Die heutigen Regeln bergen gemäss der SP nicht nur grosse finanzielle Risiken, sondern führen auch dazu, dass der Atomstrom zu billig ist. "Der Atomstrom wird von den künftigen Steuerzahlern subventioniert", kritisierte der Waadtländer Nationalrat Roger Nordmann am Freitag vor den Medien in Bern.

Das Gesetz sieht vor, dass der Rückbau der Atomkraftwerke mit Geldern aus dem Stilllegungs- und dem Entsorgungsfonds finanziert wird, in welche die AKW-Betreiber einzahlen müssen. Ende 2011 lagen 4,3 Milliarden Franken in den Fonds, kosten wird der Rückbau nach Berechnungen der AKW-Betreiber-Organisation Swissnuclear über 11 Milliarden. Damit fehlen aktuell 7 Milliarden Franken.

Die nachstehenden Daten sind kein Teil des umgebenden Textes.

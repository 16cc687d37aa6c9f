-- ===== src/Tests/Wire.antt =====
-- Numbers on the wire, and the packet buffer.
use macintosh_craft.Base.{ℕ, ◌≤◌, ◌≡◌, refl, some, List, [], ◌∷◌, ◌++◌, length, arith}
use macintosh_craft.Base.Int.{pos}
use macintosh_craft.Net.VarNum.{write_var_int, size_var_int, write_loop, size_loop, read_var_int}
use macintosh_craft.Net.VarNum.RoundTrip
use macintosh_craft.Net.Buffer.{PacketBuffer, no_client}

read-write_var_int_example :
    (bytes : List ℕ) × (write_var_int 300 ≡ some bytes)
    × (length bytes ≤ 5)
    × (size_var_int 300 ≡ some (length bytes))
    × (read_var_int (bytes ++ 7 ∷ []) ≡ (300, 7 ∷ []))
read-write_var_int_example = RoundTrip.read-write_var_int 300 (7 ∷ []) (omega arith)

-- The bytes of 300 and of 2 ^ 32 - 1.
write_300 : (write_var_int 300 ≡ some (172 ∷ 2 ∷ [])) × (size_var_int 4294967295 ≡ some 5)
unfolding write_var_int size_var_int write_loop size_loop
write_300 = (refl, refl)

abbrev quiet : PacketBuffer
quiet = record { fd = no_client; bytes = []; sent = (pos 4, 9 ∷ []) ∷ [] }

Rendite viel zu hoch veranschlagt

Laufen die AKW 50 Jahre lang, werden noch 2,5 Milliarden in die Fonds fliessen. Der Rest soll aus den Erträgen der Fonds-Anlagen kommen. Die SP kritisiert nun insbesondere, dass der Bund und die Betreiber mit einer Rendite von 5 Prozent rechnen.

Fielen die Vermögenserträge geringer aus, sei die Lage schnell dramatisch, sagte Nordmann. Selbst bei einer Rendite von 3,5 Prozent würden in Zukunft Milliardenbeträge fehlen. Im Stilllegungsfonds lag die Rendite gemäss Nordmann in den letzten zehn Jahren im Durchschnitt bei 2,1 Prozent, im Entsorgungsfonds bei 1,5 Prozent.

Bund prüft Anpassung der Annahmen

Die hohen Renditeerwartungen kritisiert die SP nicht zum ersten Mal. Der Bundesrat betont in seinen Antworten auf entsprechende parlamentarische Vorstösse jeweils, der Bund gehe nebst der Rendite von 5 Prozent auch von einer Teuerungsrate von 3 Prozent aus, woraus eine Realverzinsung von 2 Prozent resultiere. Derzeit prüft der Bund jedoch eine Anpassung der Vorgaben, wie der Bundesrat im Februar festhielt.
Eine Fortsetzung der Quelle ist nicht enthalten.